** Aim of the task **
Take every line from the listing below that contains "NanoPacket".

*** Begin section ***

-- ===== src/Handler/Frontier/Split.antt =====
-- The responses to a frontier request, against the entries that the bytes stand for.
use nanocap.Prelude.{
  ℕ, zero, suc, ◌+◌, ◌≤◌, ◌<◌, ◌≡◌, sym, ◌∙◌, ap, arith, true, false, none, List, [], ◌∷◌, ◌++◌,
  length, take, drop, take-append, drop-append, length-append, append_assoc, append-nil, All, leb,
}
use nanocap.Stream.{KStream, Bytes}
use nanocap.Flow.{CircularBuffer, NanoPacket, capacity, accumulate}
use nanocap.Flow.Buffer.{contents-accumulate}
use nanocap.Protocol.Bootstrap.{FrontierEntry}
use nanocap.Protocol.Encode.{encode_frontier_entry, IsFrontierEntry}
use nanocap.Protocol.RoundTrip.Bootstrap.{read_frontier_entry-Decodes}
use nanocap.Db.{Env}
use nanocap.Handler.Session.{Session, all_zero, end_response}
use nanocap.Handler.Session.Ended.{IsEnded, ended}
use nanocap.Util.Text.{codes}
use nanocap.Handler.Frontier.{accept_frontier, frontier_loop, handle_frontier}

-- An entry that does not end the response.
pub record IsOpen (e : FrontierEntry) : Type 0 where
  pub sizes : IsFrontierEntry e
  pub nonzero : all_zero e.account ≡ false

length-encode : (e : FrontierEntry) → IsFrontierEntry e → length (encode_frontier_entry e) ≡ 64
length-encode e h = omega (
  arith,
  h.account_ok,
  h.frontier_hash_ok,
  length-append e.account (e.frontier_hash ++ []),
  length-append e.frontier_hash [],
)

-- The bytes of a response without its end.
abbrev pub wire : List FrontierEntry → Bytes
wire [] = []
wire (e ∷ es) = encode_frontier_entry e ++ wire es

module _ (k : KStream) (cb : CircularBuffer) (env : Env) where
  open cb use {Buffer, contents, erase_begin}

  -- Every entry is accepted in turn.
  abbrev pub accept_all : List FrontierEntry → Session cb → Session cb
  accept_all [] s = s
  accept_all (e ∷ es) s = accept_all es (accept_frontier k cb env e 64 s)

  -- What the buffer of a connection holds.
  abbrev pub bytes_of : Session cb → Bytes
  bytes_of s = contents (s.0).accumulated_data

  contents-accept :
      (e : FrontierEntry) (s : Session cb) (tail : Bytes)
      → IsFrontierEntry e
      → bytes_of s ≡ encode_frontier_entry e ++ tail
      → bytes_of (accept_frontier k cb env e 64 s) ≡ tail
  unfolding accept_frontier
  contents-accept e s tail he h =
      let l = length-encode e he in
      cb.contents-erase_begin 64 (s.0).accumulated_data
        (omega (arith, ap length h, length-append (encode_frontier_entry e) tail))
      ∙ ap (drop 64) h
      ∙ rw (← l) (drop-append (encode_frontier_entry e) tail)

  -- One round over an entry that lies whole in the buffer.
  round :
      (fuel : ℕ) (info : NanoPacket) (e : FrontierEntry) (s : Session cb) (tail : Bytes)
      → IsOpen e
      → bytes_of s ≡ encode_frontier_entry e ++ tail
      → frontier_loop k cb env (suc fuel) info s
        ≡ frontier_loop k cb env fuel info (accept_frontier k cb env e 64 s)
  unfolding frontier_loop
  round fuel info e (flow, db) tail he h =
      let l = length-encode e he.sizes in
      let enough : leb 64 (length (contents flow.accumulated_data)) ≡ true =
        let n : 64 ≤ length (contents flow.accumulated_data) =
          omega (arith, ap length h, length-append (encode_frontier_entry e) tail) in
        ground arith in
      let front : take 64 (contents flow.accumulated_data) ≡ encode_frontier_entry e =
        ap (take 64) h ∙ rw (← l) (take-append (encode_frontier_entry e) tail) in
      let (ks, parsed, _, moved) =
        (read_frontier_entry-Decodes k e he.sizes).decoded
          (k.open_stream (take 64 (contents flow.accumulated_data))) []
          (k.remaining-open_stream _ ∙ front ∙ sym (append-nil _)) in
      let at : k.pos ks ≡ 64 =
        omega (arith, k.pos-open_stream (take 64 (contents flow.accumulated_data))) in
      rw (enough, parsed, he.nonzero, at)

  -- The entries in the buffer are accepted in order, and a part of one stays for the next packet.
  loop-open :
      (es : List FrontierEntry) (fuel : ℕ) (info : NanoPacket) (s : Session cb) (rest : Bytes)
      → All IsOpen es
      → bytes_of s ≡ wire es ++ rest
      → length rest < 64
      → length es < fuel
      → (frontier_loop k cb env fuel info s ≡ (accept_all es s, none))
        × (bytes_of (accept_all es s) ≡ rest)
  unfolding frontier_loop
  loop-open es zero info s rest hs h few lt = absurd (omega arith)
  loop-open [] (suc fuel) info (flow, db) rest hs h few lt =
      let short : leb 64 (length (contents flow.accumulated_data)) ≡ false =
        let n : length (contents flow.accumulated_data) < 64 = omega (arith, ap length h) in
        ground arith in
      (rw short, h)
  loop-open (e ∷ es) (suc fuel) info s rest (he, hs) h few lt =
      let h' = h ∙ append_assoc (encode_frontier_entry e) (wire es) rest in
      let (run, left) =
        loop-open es fuel info (accept_frontier k cb env e 64 s) rest hs
          (contents-accept e s (wire es ++ rest) he.sizes h') few (omega arith) in
      (round fuel info e s (wire es ++ rest) he h' ∙ run, left)

  -- An entry whose account is zero ends the response, whatever follows it.
  loop-end :
      (es : List FrontierEntry) (z : FrontierEntry) (fuel : ℕ) (info : NanoPacket) (s : Session cb)
      (rest : Bytes)
      → All IsOpen es
      → IsFrontierEntry z
      → all_zero z.account ≡ true
      → bytes_of s ≡ wire es ++ (encode_frontier_entry z ++ rest)
      → length es < fuel
      → frontier_loop k cb env fuel info s ≡ (
        end_response cb env
            (codes "end of frontier_req, responses. valid: ")
            info
            (accept_all es s),
        none,
      )
  unfolding frontier_loop
  loop-end es z zero info s rest hs hz zeros h lt = absurd (omega arith)
  loop-end [] z (suc fuel) info (flow, db) rest hs hz zeros h lt =
      let l = length-encode z hz in
      let enough : leb 64 (length (contents flow.accumulated_data)) ≡ true =
        let n : 64 ≤ length (contents flow.accumulated_data) =
          omega (arith, ap length h, length-append (encode_frontier_entry z) rest) in
        ground arith in
      let front : take 64 (contents flow.accumulated_data) ≡ encode_frontier_entry z =
        ap (take 64) h ∙ rw (← l) (take-append (encode_frontier_entry z) rest) in
      let (ks, parsed, _, moved) =
        (read_frontier_entry-Decodes k z hz).decoded
          (k.open_stream (take 64 (contents flow.accumulated_data))) []
          (k.remaining-open_stream _ ∙ front ∙ sym (append-nil _)) in
      rw (enough, parsed, zeros)
  loop-end (e ∷ es) z (suc fuel) info s rest (he, hs) hz zeros h lt =
      let tail = wire es ++ (encode_frontier_entry z ++ rest) in
      let h' =
        h ∙ append_assoc (encode_frontier_entry e) (wire es) (encode_frontier_entry z ++ rest) in
      round fuel info e s tail he h'
      ∙ loop-end es z fuel info (accept_frontier k cb env e 64 s) rest hs hz zeros
          (contents-accept e s tail he.sizes h') (omega arith)

  length-wire : (es : List FrontierEntry) → All IsOpen es → length es ≤ length (wire es)
  length-wire [] hs = omega arith
  length-wire (e ∷ es) (he, hs) = omega (
    arith,
    length-wire es hs,
    length-append (encode_frontier_entry e) (wire es),
    length-encode e he.sizes,
  )

  -- The connection with the data of a packet in its buffer.
  abbrev pub with_payload : NanoPacket → Session cb → Session cb
  with_payload info (flow, db) =
      (record flow { accumulated_data = accumulate cb info.payload flow.accumulated_data }, db)

  abbrev fuel_for : NanoPacket → Session cb → ℕ
  fuel_for info (flow, db) =
      suc (length (contents (accumulate cb info.payload flow.accumulated_data)))

  -- If the buffer and a packet together hold at most 4096 bytes, which are open entries and less
  -- than one more, then exactly these entries are accepted, in order, and the rest stays in the
  -- buffer; no exception leaves the loop.
  pub handle_frontier-open :
      (info : NanoPacket) (s : Session cb) (es : List FrontierEntry) (rest : Bytes)
      → All IsOpen es
      → bytes_of s ++ info.payload ≡ wire es ++ rest
      → length rest < 64
      → length (bytes_of s) + length info.payload ≤ capacity
      → (handle_frontier k cb env info s ≡ (accept_all es (with_payload info s), none))
        × (bytes_of (accept_all es (with_payload info s)) ≡ rest)
  unfolding handle_frontier
  handle_frontier-open info (flow, db) es rest hs h few fits =
      let held = contents-accumulate cb info.payload flow.accumulated_data fits ∙ h in
      loop-open es (fuel_for info (flow, db)) info (with_payload info (flow, db)) rest hs held few
        (omega (arith, ap length held, length-append (wire es) rest, length-wire es hs))

  -- If the buffer and a packet together hold at most 4096 bytes, which are open entries, an entry
  -- whose account is zero, and anything behind it, then the open entries are accepted and the
  -- response ends: the connection waits for no response, its counts are zero and its buffer is
  -- empty, so that what follows in the packet is dropped. Beyond the accepted entries the database
  -- only gets the event with the counts of the response, where bootstrap details are configured.
  -- No exception leaves the loop.
  pub handle_frontier-end :
      (info : NanoPacket) (s : Session cb) (es : List FrontierEntry) (z : FrontierEntry)
      (rest : Bytes)
      → All IsOpen es
      → IsFrontierEntry z
      → all_zero z.account ≡ true
      → bytes_of s ++ info.payload ≡ wire es ++ (encode_frontier_entry z ++ rest)
      → length (bytes_of s) + length info.payload ≤ capacity
      → IsEnded cb env
          (codes "end of frontier_req, responses. valid: ")
          info
          (accept_all es (with_payload info s))
          (handle_frontier k cb env info s)
  unfolding handle_frontier
  handle_frontier-end info (flow, db) es z rest hs hz zeros h fits =
      let held = contents-accumulate cb info.payload flow.accumulated_data fits ∙ h in
      ended cb env (codes "end of frontier_req, responses. valid: ") info
        (accept_all es (with_payload info (flow, db))) _
        (loop-end es z (fuel_for info (flow, db)) info (with_payload info (flow, db)) rest hs hz
          zeros held
          (omega (
            arith,
            ap length held,
            length-append (wire es) (encode_frontier_entry z ++ rest),
            length-wire es hs,
          )))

*** End section ***

** Task output **
use nanocap.Flow.{CircularBuffer, NanoPacket, capacity, accumulate}
      (fuel : ℕ) (info : NanoPacket) (e : FrontierEntry) (s : Session cb) (tail : Bytes)
      (es : List FrontierEntry) (fuel : ℕ) (info : NanoPacket) (s : Session cb) (rest : Bytes)
      (es : List FrontierEntry) (z : FrontierEntry) (fuel : ℕ) (info : NanoPacket) (s : Session cb)
  abbrev pub with_payload : NanoPacket → Session cb → Session cb
  abbrev fuel_for : NanoPacket → Session cb → ℕ
      (info : NanoPacket) (s : Session cb) (es : List FrontierEntry) (rest : Bytes)
      (info : NanoPacket) (s : Session cb) (es : List FrontierEntry) (z : FrontierEntry)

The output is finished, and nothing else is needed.